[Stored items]
■ ■ ■ ■ ■ ■ ■
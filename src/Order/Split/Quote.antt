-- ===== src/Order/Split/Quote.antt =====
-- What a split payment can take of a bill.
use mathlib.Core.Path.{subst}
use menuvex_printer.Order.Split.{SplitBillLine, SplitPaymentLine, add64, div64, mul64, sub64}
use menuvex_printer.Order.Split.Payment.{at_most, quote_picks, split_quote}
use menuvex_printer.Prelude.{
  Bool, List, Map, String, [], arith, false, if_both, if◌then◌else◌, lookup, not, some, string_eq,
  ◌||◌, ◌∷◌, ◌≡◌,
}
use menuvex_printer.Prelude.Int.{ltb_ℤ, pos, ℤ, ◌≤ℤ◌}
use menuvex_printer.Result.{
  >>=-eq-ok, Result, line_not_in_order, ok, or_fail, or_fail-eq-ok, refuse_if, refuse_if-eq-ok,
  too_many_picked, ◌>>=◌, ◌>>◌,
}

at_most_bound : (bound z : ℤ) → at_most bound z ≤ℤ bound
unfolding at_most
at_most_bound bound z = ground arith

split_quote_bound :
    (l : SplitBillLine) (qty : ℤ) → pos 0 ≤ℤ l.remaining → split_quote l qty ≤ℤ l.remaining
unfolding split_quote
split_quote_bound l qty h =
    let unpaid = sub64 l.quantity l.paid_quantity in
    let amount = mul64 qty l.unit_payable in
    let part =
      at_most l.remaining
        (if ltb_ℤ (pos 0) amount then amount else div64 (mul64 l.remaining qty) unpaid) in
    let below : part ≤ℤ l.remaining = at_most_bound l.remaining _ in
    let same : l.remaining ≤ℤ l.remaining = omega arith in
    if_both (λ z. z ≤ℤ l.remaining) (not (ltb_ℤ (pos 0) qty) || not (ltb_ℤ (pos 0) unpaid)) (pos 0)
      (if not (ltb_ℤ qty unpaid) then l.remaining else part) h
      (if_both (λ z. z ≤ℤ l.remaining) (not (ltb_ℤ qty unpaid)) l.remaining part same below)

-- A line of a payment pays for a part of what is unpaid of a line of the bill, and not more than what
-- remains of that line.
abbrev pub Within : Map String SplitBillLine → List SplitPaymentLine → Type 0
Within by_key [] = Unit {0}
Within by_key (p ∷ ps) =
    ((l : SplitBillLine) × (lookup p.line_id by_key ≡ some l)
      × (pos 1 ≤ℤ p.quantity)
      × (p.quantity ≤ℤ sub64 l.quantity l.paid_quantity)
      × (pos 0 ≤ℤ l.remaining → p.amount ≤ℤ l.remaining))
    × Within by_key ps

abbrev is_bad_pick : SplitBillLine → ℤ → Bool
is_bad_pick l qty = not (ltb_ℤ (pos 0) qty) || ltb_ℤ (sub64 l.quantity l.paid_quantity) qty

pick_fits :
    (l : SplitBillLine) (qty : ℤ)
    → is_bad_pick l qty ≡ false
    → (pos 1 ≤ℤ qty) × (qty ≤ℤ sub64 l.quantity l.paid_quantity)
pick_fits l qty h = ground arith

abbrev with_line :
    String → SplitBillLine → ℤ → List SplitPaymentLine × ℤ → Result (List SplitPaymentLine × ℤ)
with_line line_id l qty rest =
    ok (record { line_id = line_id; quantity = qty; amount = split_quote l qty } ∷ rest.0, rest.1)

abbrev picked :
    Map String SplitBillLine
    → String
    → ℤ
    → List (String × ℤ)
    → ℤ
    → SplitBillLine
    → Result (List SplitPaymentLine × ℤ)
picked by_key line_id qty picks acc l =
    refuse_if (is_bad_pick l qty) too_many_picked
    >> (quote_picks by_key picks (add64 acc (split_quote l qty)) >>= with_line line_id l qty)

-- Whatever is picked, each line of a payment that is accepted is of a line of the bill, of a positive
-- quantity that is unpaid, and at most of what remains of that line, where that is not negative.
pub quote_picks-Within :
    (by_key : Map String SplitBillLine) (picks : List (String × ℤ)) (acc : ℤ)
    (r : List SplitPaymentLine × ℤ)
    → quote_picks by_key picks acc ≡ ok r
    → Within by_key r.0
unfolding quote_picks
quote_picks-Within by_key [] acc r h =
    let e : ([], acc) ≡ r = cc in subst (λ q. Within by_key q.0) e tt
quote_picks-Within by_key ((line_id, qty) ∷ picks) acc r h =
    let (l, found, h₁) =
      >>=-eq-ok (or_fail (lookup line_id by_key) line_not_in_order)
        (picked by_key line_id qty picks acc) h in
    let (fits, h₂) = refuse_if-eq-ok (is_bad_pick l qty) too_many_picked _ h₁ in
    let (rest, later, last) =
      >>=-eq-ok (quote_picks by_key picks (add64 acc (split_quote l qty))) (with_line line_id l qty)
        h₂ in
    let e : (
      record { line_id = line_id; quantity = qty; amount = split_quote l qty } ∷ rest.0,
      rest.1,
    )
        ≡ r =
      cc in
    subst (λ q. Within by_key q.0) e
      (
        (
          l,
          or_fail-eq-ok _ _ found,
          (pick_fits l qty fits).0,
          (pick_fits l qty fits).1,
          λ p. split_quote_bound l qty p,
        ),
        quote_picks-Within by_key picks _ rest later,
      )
■ ■ ■ ■ ■ ■ ■
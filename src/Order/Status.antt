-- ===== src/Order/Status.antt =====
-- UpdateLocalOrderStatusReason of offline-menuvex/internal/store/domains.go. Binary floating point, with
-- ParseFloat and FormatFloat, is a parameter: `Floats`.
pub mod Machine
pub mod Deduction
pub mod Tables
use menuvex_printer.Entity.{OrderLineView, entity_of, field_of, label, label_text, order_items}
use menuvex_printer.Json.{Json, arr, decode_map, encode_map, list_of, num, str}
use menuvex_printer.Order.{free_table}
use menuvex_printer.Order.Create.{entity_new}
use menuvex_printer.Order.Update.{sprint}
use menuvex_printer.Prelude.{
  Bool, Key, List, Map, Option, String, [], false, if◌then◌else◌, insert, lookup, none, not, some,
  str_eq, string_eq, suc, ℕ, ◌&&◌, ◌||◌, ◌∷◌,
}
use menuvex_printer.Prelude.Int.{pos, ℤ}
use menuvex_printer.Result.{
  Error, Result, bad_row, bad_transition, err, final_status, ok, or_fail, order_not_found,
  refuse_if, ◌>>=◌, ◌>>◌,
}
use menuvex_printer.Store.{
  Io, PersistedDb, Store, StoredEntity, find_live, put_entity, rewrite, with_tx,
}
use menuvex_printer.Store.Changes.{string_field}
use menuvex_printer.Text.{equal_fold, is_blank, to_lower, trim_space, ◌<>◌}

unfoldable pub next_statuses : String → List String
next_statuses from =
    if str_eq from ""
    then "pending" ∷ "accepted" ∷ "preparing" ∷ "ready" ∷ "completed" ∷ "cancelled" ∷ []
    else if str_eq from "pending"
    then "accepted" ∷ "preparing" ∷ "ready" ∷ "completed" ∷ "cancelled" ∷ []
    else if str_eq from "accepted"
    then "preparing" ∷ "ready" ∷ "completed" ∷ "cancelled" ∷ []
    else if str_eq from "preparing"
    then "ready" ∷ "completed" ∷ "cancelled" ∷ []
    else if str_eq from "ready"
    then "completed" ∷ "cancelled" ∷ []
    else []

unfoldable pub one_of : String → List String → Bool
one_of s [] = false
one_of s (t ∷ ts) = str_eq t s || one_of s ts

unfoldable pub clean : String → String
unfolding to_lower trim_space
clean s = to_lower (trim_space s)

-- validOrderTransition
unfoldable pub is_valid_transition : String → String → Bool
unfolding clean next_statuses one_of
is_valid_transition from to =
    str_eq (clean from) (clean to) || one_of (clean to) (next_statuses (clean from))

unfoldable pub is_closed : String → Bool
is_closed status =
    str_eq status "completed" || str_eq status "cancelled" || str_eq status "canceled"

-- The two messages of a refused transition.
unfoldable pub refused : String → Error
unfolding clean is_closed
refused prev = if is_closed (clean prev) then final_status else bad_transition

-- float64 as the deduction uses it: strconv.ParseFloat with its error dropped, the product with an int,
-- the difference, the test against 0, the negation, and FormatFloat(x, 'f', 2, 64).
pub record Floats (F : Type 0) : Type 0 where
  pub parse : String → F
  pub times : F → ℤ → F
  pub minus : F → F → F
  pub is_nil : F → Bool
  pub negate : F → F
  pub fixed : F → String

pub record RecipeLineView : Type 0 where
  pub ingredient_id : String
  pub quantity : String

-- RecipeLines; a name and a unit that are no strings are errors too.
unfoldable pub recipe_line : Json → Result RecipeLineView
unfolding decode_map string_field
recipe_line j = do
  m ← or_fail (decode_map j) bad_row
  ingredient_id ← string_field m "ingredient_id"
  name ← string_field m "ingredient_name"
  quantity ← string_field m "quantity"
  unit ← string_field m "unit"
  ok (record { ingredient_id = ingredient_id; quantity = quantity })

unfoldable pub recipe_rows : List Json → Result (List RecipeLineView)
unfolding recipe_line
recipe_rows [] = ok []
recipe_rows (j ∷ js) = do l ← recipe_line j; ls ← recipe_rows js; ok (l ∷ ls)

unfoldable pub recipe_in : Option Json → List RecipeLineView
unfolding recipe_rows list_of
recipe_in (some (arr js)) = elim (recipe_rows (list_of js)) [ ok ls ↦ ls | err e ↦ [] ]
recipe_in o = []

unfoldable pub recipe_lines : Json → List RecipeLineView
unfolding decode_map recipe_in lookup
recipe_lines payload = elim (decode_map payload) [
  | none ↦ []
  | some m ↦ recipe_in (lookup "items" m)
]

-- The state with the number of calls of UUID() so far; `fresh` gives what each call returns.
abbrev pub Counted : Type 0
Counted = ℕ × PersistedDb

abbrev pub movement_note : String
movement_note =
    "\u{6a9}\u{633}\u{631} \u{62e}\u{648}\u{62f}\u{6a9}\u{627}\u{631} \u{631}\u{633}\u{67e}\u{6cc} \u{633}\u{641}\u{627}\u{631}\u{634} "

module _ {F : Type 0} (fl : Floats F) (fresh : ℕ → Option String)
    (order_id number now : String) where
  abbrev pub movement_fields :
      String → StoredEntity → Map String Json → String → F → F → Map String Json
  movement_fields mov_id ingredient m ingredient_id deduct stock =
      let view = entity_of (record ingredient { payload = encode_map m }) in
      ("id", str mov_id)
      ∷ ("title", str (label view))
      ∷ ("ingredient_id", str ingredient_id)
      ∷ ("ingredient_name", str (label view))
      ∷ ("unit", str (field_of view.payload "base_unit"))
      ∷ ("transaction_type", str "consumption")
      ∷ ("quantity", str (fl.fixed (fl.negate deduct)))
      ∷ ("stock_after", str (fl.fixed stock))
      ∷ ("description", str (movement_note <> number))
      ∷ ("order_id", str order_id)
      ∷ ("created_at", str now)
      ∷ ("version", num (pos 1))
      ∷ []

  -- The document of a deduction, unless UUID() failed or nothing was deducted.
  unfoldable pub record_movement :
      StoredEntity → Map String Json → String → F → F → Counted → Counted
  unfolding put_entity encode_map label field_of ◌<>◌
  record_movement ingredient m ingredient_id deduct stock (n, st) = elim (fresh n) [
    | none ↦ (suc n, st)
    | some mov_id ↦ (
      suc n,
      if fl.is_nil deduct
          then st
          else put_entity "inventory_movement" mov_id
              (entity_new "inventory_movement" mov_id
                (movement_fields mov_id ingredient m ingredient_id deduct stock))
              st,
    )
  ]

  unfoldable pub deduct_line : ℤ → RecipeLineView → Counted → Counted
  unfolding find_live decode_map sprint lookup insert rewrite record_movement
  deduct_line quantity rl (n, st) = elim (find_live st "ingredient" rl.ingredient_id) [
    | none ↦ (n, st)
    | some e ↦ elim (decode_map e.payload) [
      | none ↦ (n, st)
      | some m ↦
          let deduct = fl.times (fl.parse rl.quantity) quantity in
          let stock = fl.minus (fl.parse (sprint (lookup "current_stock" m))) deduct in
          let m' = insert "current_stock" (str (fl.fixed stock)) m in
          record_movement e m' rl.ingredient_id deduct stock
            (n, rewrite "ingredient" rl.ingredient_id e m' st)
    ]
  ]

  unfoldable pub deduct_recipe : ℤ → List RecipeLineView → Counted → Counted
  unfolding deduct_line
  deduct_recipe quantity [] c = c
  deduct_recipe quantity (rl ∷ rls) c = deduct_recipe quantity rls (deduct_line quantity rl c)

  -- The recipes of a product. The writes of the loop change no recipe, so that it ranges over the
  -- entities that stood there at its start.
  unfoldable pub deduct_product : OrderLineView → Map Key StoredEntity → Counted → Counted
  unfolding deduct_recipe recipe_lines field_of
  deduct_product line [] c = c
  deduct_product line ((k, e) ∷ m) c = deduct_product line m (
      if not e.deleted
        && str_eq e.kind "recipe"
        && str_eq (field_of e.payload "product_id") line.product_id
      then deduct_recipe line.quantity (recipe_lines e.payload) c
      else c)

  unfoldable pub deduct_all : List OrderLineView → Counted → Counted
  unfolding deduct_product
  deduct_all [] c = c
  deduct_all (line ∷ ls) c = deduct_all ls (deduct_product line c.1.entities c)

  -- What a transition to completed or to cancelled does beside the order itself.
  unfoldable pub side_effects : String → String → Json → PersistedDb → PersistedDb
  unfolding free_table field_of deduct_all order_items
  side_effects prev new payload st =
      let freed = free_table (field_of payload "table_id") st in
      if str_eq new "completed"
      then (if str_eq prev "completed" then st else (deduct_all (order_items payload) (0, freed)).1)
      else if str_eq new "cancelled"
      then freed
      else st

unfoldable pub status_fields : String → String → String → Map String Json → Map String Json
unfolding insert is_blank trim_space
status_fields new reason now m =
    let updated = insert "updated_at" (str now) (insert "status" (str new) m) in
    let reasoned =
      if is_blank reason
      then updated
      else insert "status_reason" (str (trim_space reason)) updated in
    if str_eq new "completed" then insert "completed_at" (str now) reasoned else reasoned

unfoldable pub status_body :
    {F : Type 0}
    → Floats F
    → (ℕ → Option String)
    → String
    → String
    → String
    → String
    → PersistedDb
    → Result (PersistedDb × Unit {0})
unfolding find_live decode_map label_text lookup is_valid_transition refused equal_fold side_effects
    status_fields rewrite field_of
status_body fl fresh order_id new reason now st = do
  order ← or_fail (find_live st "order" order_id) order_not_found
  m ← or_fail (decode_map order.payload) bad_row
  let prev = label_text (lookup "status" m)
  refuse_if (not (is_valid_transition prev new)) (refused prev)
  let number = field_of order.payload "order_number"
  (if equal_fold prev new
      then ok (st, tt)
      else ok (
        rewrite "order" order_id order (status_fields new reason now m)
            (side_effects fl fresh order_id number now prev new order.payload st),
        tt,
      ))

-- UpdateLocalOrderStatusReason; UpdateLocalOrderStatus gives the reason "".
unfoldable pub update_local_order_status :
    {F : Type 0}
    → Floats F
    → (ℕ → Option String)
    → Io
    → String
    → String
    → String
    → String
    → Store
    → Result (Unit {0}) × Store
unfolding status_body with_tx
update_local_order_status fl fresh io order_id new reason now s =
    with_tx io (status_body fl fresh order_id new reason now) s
■ ■ ■ ■ ■ ■ ■
• **Work request**
If a line in the data contains the string "Prelude", copy it.

• **Response**
use menuvex_printer.Prelude.{
use menuvex_printer.Prelude.Int.{ltb_ℤ, pos, ℤ, ◌≤ℤ◌}
use menuvex_printer.Prelude.{
use menuvex_printer.Prelude.Int.{pos, ℤ}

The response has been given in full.